ACTIVITY.
Below this sentence is a listing; return exactly its lines from the one with "at_pred f s" to the one with "response_end-wire (bulk t)", both kept, and nothing more.

************

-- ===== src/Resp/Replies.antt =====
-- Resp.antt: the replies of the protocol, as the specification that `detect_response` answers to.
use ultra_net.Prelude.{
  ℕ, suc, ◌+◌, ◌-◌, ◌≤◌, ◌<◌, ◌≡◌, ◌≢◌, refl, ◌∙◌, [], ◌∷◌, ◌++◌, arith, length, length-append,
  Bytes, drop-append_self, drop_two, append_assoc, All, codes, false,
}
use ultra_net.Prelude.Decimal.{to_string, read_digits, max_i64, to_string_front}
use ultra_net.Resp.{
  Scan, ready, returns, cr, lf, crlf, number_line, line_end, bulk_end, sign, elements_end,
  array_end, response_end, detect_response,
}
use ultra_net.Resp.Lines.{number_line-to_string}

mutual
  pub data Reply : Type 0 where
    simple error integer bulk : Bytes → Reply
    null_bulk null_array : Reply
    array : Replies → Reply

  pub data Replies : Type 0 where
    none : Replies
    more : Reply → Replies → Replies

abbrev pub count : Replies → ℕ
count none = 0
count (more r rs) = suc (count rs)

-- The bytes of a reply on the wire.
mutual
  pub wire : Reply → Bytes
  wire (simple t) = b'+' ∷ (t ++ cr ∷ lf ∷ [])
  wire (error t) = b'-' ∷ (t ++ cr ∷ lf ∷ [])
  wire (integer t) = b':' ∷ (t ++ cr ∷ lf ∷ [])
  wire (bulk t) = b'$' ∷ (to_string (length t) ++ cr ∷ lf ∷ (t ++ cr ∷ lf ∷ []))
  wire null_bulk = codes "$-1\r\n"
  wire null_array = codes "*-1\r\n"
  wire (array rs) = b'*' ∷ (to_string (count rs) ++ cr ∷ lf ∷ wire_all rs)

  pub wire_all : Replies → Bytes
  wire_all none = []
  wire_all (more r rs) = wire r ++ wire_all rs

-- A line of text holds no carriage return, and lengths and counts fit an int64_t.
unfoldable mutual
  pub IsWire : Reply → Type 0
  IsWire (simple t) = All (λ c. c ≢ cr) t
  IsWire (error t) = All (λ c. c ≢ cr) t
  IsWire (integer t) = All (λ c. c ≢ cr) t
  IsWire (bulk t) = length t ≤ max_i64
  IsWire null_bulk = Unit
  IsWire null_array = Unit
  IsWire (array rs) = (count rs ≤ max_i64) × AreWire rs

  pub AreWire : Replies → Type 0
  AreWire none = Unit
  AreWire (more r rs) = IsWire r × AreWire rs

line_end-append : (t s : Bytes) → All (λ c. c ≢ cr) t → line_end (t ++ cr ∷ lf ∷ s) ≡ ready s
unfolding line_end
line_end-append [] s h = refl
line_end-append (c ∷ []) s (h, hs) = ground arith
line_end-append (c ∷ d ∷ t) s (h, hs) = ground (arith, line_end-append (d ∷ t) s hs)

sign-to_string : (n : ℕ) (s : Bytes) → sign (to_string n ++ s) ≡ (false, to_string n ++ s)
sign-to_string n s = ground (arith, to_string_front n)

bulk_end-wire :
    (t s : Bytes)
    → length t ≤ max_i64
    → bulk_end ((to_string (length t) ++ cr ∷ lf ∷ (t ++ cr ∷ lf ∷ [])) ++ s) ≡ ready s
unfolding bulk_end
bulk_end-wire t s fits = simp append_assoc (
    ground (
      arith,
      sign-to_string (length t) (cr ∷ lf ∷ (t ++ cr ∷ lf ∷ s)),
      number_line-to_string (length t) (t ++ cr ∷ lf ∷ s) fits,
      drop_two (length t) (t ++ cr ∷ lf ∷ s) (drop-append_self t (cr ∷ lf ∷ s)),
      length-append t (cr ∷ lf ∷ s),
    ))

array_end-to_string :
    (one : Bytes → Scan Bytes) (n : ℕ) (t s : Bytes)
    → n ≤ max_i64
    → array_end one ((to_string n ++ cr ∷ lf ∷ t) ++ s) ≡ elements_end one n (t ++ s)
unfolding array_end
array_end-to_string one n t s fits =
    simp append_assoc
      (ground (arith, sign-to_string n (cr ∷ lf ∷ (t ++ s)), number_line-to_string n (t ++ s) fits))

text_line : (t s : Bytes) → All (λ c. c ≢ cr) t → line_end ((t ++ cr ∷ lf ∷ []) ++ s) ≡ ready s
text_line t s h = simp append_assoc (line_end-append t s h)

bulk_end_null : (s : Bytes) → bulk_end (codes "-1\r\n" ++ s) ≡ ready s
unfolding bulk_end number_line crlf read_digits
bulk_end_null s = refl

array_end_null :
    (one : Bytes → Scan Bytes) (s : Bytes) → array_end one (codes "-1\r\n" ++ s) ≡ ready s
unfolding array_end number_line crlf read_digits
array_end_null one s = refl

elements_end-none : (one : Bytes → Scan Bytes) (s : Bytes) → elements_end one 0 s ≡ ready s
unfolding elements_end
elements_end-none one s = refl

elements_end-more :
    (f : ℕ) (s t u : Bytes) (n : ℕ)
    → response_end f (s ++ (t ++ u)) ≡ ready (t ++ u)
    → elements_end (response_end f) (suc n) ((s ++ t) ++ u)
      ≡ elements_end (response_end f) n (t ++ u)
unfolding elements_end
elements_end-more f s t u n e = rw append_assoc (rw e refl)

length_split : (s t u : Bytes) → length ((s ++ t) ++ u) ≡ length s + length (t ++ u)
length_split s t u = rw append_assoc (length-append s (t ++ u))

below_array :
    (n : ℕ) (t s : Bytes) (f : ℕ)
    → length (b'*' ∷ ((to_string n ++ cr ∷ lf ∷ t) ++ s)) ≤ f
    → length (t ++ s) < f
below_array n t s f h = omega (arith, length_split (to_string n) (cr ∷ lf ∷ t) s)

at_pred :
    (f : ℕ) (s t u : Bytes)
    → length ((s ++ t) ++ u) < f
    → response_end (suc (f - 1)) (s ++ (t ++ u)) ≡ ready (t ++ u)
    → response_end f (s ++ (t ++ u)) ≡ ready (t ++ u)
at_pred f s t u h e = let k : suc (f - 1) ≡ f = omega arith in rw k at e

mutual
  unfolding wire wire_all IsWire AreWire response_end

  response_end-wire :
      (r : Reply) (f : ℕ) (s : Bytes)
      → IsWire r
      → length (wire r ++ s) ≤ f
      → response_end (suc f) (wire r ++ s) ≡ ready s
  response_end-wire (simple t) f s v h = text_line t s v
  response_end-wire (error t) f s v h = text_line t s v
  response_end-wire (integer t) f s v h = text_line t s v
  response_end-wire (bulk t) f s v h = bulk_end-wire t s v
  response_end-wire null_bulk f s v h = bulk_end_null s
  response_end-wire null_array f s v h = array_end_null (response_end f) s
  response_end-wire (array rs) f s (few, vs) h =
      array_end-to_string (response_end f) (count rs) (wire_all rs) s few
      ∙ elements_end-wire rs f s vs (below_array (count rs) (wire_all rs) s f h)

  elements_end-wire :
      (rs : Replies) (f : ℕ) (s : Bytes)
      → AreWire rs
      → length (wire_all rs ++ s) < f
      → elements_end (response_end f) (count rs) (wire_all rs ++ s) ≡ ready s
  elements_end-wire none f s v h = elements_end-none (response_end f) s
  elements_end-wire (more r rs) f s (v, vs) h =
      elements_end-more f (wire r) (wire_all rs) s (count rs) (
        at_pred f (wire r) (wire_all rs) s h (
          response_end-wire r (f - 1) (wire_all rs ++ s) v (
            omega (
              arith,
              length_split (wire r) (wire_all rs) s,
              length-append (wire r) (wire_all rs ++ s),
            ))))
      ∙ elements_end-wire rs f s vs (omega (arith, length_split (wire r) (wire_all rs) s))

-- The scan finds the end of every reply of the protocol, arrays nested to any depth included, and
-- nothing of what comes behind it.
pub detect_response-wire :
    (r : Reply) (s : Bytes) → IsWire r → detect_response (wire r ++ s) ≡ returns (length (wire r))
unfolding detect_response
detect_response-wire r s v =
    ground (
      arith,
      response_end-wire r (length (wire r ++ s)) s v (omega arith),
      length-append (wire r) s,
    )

************

ANSWER BOX.
at_pred f s t u h e = let k : suc (f - 1) ≡ f = omega arith in rw k at e

mutual
  unfolding wire wire_all IsWire AreWire response_end

  response_end-wire :
      (r : Reply) (f : ℕ) (s : Bytes)
      → IsWire r
      → length (wire r ++ s) ≤ f
      → response_end (suc f) (wire r ++ s) ≡ ready s
  response_end-wire (simple t) f s v h = text_line t s v
  response_end-wire (error t) f s v h = text_line t s v
  response_end-wire (integer t) f s v h = text_line t s v
  response_end-wire (bulk t) f s v h = bulk_end-wire t s v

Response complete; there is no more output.